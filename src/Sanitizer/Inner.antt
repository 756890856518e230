-- ===== src/Sanitizer/Inner.antt =====
-- sanitizer.py: what the class of an exception can take from the payload.

use celery_diagnostics_obser.Prelude.{
  String, Bool, true, false, ◌&&◌, Option, none, some, ◌≡◌, refl, sym, subst, str_eq, eq_iff, arith,
  Bool-cases, inl, inr,
}
use celery_diagnostics_obser.Values.{str, Fields}
use celery_diagnostics_obser.Values.Dict.{get}
use celery_diagnostics_obser.Policy.{TelemetryPolicy}
use celery_diagnostics_obser.Text.{
  strip, lstrip, rstrip, before_end, is_space, without_nul, take_text, has_dot, last_part,
  dotted_run, is_word,
}
use celery_diagnostics_obser.Runtime.{Runtime, text_or_empty, to_text}
use celery_diagnostics_obser.Sanitizer.Coerce.{safe_token}
use celery_diagnostics_obser.Sanitizer.Exceptions.{
  is_known_inner, inner_name, match_inner, name_ends, or_later, search_inner, first_inner,
  split_match, split_exception_identity, known_inner_exception_identity, ExceptionIdentity,
}

last_part_whole : (s : String) → has_dot s ≡ false → last_part s ≡ s
unfolding has_dot last_part
last_part_whole String.[] h = refl
last_part_whole (String.◌∷◌ c s) h = ground arith

inner_name-has_dot : (s : String) → inner_name false s ≡ true → has_dot s ≡ true
unfolding inner_name has_dot
inner_name-has_dot String.[] h = ground arith
inner_name-has_dot (String.◌∷◌ c s) h = ground (arith, inner_name-has_dot s)

known_literal :
    (s : String) (t : String) → has_dot t ≡ false → str_eq s t ≡ true → has_dot s ≡ false
known_literal s t h equal = rw ((eq_iff s t).0 equal) h

is_known_inner-has_dot : (s : String) → is_known_inner s ≡ true → has_dot s ≡ false
unfolding is_known_inner has_dot
is_known_inner-has_dot s h = ground (
  arith,
  known_literal s "SoftTimeLimitExceeded" refl,
  known_literal s "TimeLimitExceeded" refl,
  known_literal s "WorkerLostError" refl,
)

is_known_inner-last_part :
    (s : String) → is_known_inner s ≡ true → is_known_inner (last_part s) ≡ true
is_known_inner-last_part s h =
    subst (λ t. is_known_inner t ≡ true) (sym (last_part_whole s (is_known_inner-has_dot s h))) h

-- A text that starts a known name, after names with dots, ends in one.
inner_name-last_part :
    (fresh : Bool) (s : String) → inner_name fresh s ≡ true → is_known_inner (last_part s) ≡ true
unfolding inner_name last_part
inner_name-last_part fresh String.[] h = ground arith
inner_name-last_part true (String.◌∷◌ c s) h = elim (Bool-cases (is_known_inner (String.◌∷◌ c s))) [
  | inl known ↦ is_known_inner-last_part (String.◌∷◌ c s) known
  | inr other ↦ ground (arith, inner_name-has_dot s, inner_name-last_part false s)
]
inner_name-last_part false (String.◌∷◌ c s) h = ground (
  arith,
  inner_name-has_dot s,
  inner_name-last_part false s,
  inner_name-last_part true s,
  last_part_whole s,
)

-- what holds of a match, if there is one
abbrev IfFound : (String → Type 0) → Option String → Type 0
IfFound Q none = Unit
IfFound Q (some run) = Q run

EndsKnown : String → Type 0
EndsKnown run = is_known_inner (last_part run) ≡ true

and_left : (a b : Bool) → (a && b) ≡ true → a ≡ true
and_left true b h = refl
and_left false b h = h

match_inner-EndsKnown : (parts : String × String) → IfFound EndsKnown (match_inner parts)
unfolding match_inner EndsKnown
match_inner-EndsKnown (run, rest) = elim (Bool-cases (inner_name true run && name_ends rest)) [
  | inl hit ↦ rw hit (inner_name-last_part true run (and_left _ _ hit))
  | inr miss ↦ rw miss tt
]

or_later-EndsKnown :
    (here later : Option String)
    → IfFound EndsKnown here
    → IfFound EndsKnown later
    → IfFound EndsKnown (or_later here later)
or_later-EndsKnown (some run) later h k = h
or_later-EndsKnown none later h k = k

search_inner-EndsKnown : (inside : Bool) (s : String) → IfFound EndsKnown (search_inner inside s)
unfolding search_inner
search_inner-EndsKnown inside String.[] = tt
search_inner-EndsKnown true (String.◌∷◌ c s) = search_inner-EndsKnown (is_word c) s
search_inner-EndsKnown false (String.◌∷◌ c s) =
    or_later-EndsKnown (match_inner (dotted_run (String.◌∷◌ c s))) (search_inner (is_word c) s)
      (match_inner-EndsKnown (dotted_run (String.◌∷◌ c s))) (search_inner-EndsKnown (is_word c) s)

first_inner-EndsKnown :
    (a b c : Option String)
    → IfFound EndsKnown a
    → IfFound EndsKnown b
    → IfFound EndsKnown c
    → IfFound EndsKnown (first_inner a b c)
unfolding first_inner
first_inner-EndsKnown (some a) b c ha hb hc = ha
first_inner-EndsKnown none (some b) c ha hb hc = hb
first_inner-EndsKnown none none c ha hb hc = hc

-- a known class; a module only if the policy asks for modules
abbrev IsInner : TelemetryPolicy → ExceptionIdentity → Type 0
IsInner policy (none, m) = m ≡ none
IsInner policy (some t, m) =
    (is_known_inner t ≡ true) × (policy.collect_exception_module ≡ false → m ≡ none)

-- What holds of the three names holds of a known name.
known_elim :
    (P : String → Type 0)
    → P "SoftTimeLimitExceeded"
    → P "TimeLimitExceeded"
    → P "WorkerLostError"
    → (s : String) → is_known_inner s ≡ true
    → P s
unfolding is_known_inner
known_elim P soft hard lost s h = elim (Bool-cases (str_eq s "SoftTimeLimitExceeded")) [
  | inl is_soft ↦ subst P (sym ((eq_iff s _).0 is_soft)) soft
  | inr not_soft ↦ elim (Bool-cases (str_eq s "TimeLimitExceeded")) [
    | inl is_hard ↦ subst P (sym ((eq_iff s _).0 is_hard)) hard
    | inr not_hard ↦ subst P (sym ((eq_iff s "WorkerLostError").0 (ground arith))) lost
  ]
]

absurd_module : (a b : Bool) (m : Option String) → (a && b) ≡ true → b ≡ false → m ≡ none
absurd_module a b m h k = ground arith

module _ (rt : Runtime) (policy : TelemetryPolicy) where
  safe_token-known :
      (s : String) → is_known_inner s ≡ true → is_known_inner (safe_token rt (str s) 255) ≡ true
  unfolding is_known_inner safe_token text_or_empty to_text strip lstrip rstrip before_end is_space
      without_nul take_text
  safe_token-known s h =
      known_elim (λ t. is_known_inner (safe_token rt (str t) 255) ≡ true) refl refl refl s h

  split-IsInner :
      (run : String) → EndsKnown run → IsInner policy (split_exception_identity rt run policy)
  unfolding split_exception_identity EndsKnown
  split-IsInner run h = elim (Bool-cases (has_dot run && policy.collect_exception_module)) [
    | inl with_module ↦
        rw with_module (
          safe_token-known (last_part run) h,
          λ no_module. absurd_module _ _ _ with_module no_module,
        )
    | inr no_module ↦ rw no_module (safe_token-known (last_part run) h, λ e. refl)
  ]

  split_match-IsInner :
      (found : Option String)
      → IfFound EndsKnown found
      → IsInner policy (split_match rt policy found)
  unfolding split_match
  split_match-IsInner none h = refl
  split_match-IsInner (some run) h = split-IsInner run h

  found_in_payload : (raw : Fields) → IsInner policy (known_inner_exception_identity rt raw policy)
  unfolding known_inner_exception_identity
  found_in_payload raw = split_match-IsInner _ (
      first_inner-EndsKnown _ _ _
        (search_inner-EndsKnown false (text_or_empty rt (get "exception" raw)))
        (search_inner-EndsKnown false (text_or_empty rt (get "result" raw)))
        (search_inner-EndsKnown false (text_or_empty rt (get "traceback" raw))))

  -- From an event's exception text, result and traceback, the search for an inner exception takes
  -- at most the name of one of three classes, and a module before it only if the policy collects
  -- modules.
  pub inner_class_known :
      (raw : Fields) (name : String) (module_name : Option String)
      → known_inner_exception_identity rt raw policy ≡ (some name, module_name)
      → (is_known_inner name ≡ true)
        × (policy.collect_exception_module ≡ false → module_name ≡ none)
  inner_class_known raw name module_name h = subst (IsInner policy) h (found_in_payload raw)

***

Among the lines of the listing above, which ones hold "fresh"? Copy them.

    (fresh : Bool) (s : String) → inner_name fresh s ≡ true → is_known_inner (last_part s) ≡ true
inner_name-last_part fresh String.[] h = ground arith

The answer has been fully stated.